Directions: All lines in the data below carrying the string "unfolding" are to be located and copied.
—————
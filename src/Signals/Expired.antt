-- ===== src/Signals/Expired.antt =====
-- What the expiry of threads does (src/app/domains/copy_trading/workers.py).
use signalsync_be.Base.{ℕ, ◌≡◌, refl, inl, inr, false, List, [], ◌∷◌, All, Bool-cases}
use signalsync_be.Signals.Lifecycle.{
  RouteSignalAssembly, SignalConversation, SignalTables, is_overdue, expire_overdue, has_overdue,
  end_conversations, count_overdue, expire_signal_threads, mark_generation_expired,
  required_details_timeout,
}
use signalsync_be.Signals.Overdue.{
  IsExpired, IsEnded, expire_overdue-IsExpired, end_conversations-IsEnded,
}

abbrev IsTimely : ℕ → List RouteSignalAssembly → Type 0
IsTimely now assemblies = All (λ a. is_overdue now a ≡ false) assemblies

expire_overdue-IsTimely :
    (now : ℕ) (assemblies : List RouteSignalAssembly) → IsTimely now (expire_overdue now assemblies)
unfolding expire_overdue
expire_overdue-IsTimely now [] = tt
expire_overdue-IsTimely now (a ∷ assemblies) = elim (Bool-cases (is_overdue now a)) [
  | inl e ↦ rw e (expired_fine a, expire_overdue-IsTimely now assemblies)
  | inr e ↦ rw e (e, expire_overdue-IsTimely now assemblies)
]
  where
    expired_fine :
        (a : RouteSignalAssembly)
        → is_overdue now (mark_generation_expired a required_details_timeout now) ≡ false
    expired_fine a = refl

module _ (now : ℕ) where
  timely-none :
      (assemblies : List RouteSignalAssembly)
      → IsTimely now assemblies
      → (expire_overdue now assemblies ≡ assemblies)
        × (count_overdue now assemblies ≡ 0)
        × ((id : ℕ) → has_overdue now id assemblies ≡ false)
  unfolding expire_overdue count_overdue
  timely-none [] h = (refl, refl, λ id. refl)
  timely-none (a ∷ assemblies) h =
      let (same, none_counted, none_found) = timely-none assemblies h.1 in
      (rw (h.0, same) refl, rw (h.0) none_counted, λ id. rw (h.0) (none_found id))

  timely-ends_none :
      (before after : List RouteSignalAssembly) (conversations : List SignalConversation)
      → IsTimely now before
      → end_conversations now before after conversations ≡ conversations
  unfolding end_conversations
  timely-ends_none before after [] h = refl
  timely-ends_none before after (c ∷ conversations) h =
      rw ((timely-none before h).2 c.id, timely-ends_none before after conversations h) refl

-- The expiry ends exactly the assemblies that wait for details past their deadline, for want of
-- details and at the time given, and times out exactly the conversations that had one of these and
-- of which no assembly is waiting, ready or executing; a second expiry at the same time finds none
-- and changes nothing.
pub expire_signal_threads-settled :
    (now : ℕ) (tables : SignalTables)
    → let after = (expire_signal_threads now tables).1 in
      IsExpired now tables.assemblies after.assemblies
      × IsEnded now tables.assemblies after.assemblies tables.conversations after.conversations
      × (expire_signal_threads now after ≡ (0, after))
unfolding expire_signal_threads
expire_signal_threads-settled now tables =
    let assemblies = expire_overdue now tables.assemblies in
    let timely = expire_overdue-IsTimely now tables.assemblies in
    let (same, none_counted, _) = timely-none now assemblies timely in
    (
      expire_overdue-IsExpired now tables.assemblies,
      end_conversations-IsEnded now tables.assemblies assemblies tables.conversations,
      rw (same, none_counted) (rw (timely-ends_none now assemblies assemblies _ timely) refl),
    )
—————
Task answer:
unfolding expire_overdue
  unfolding expire_overdue count_overdue
  unfolding end_conversations
unfolding expire_signal_threads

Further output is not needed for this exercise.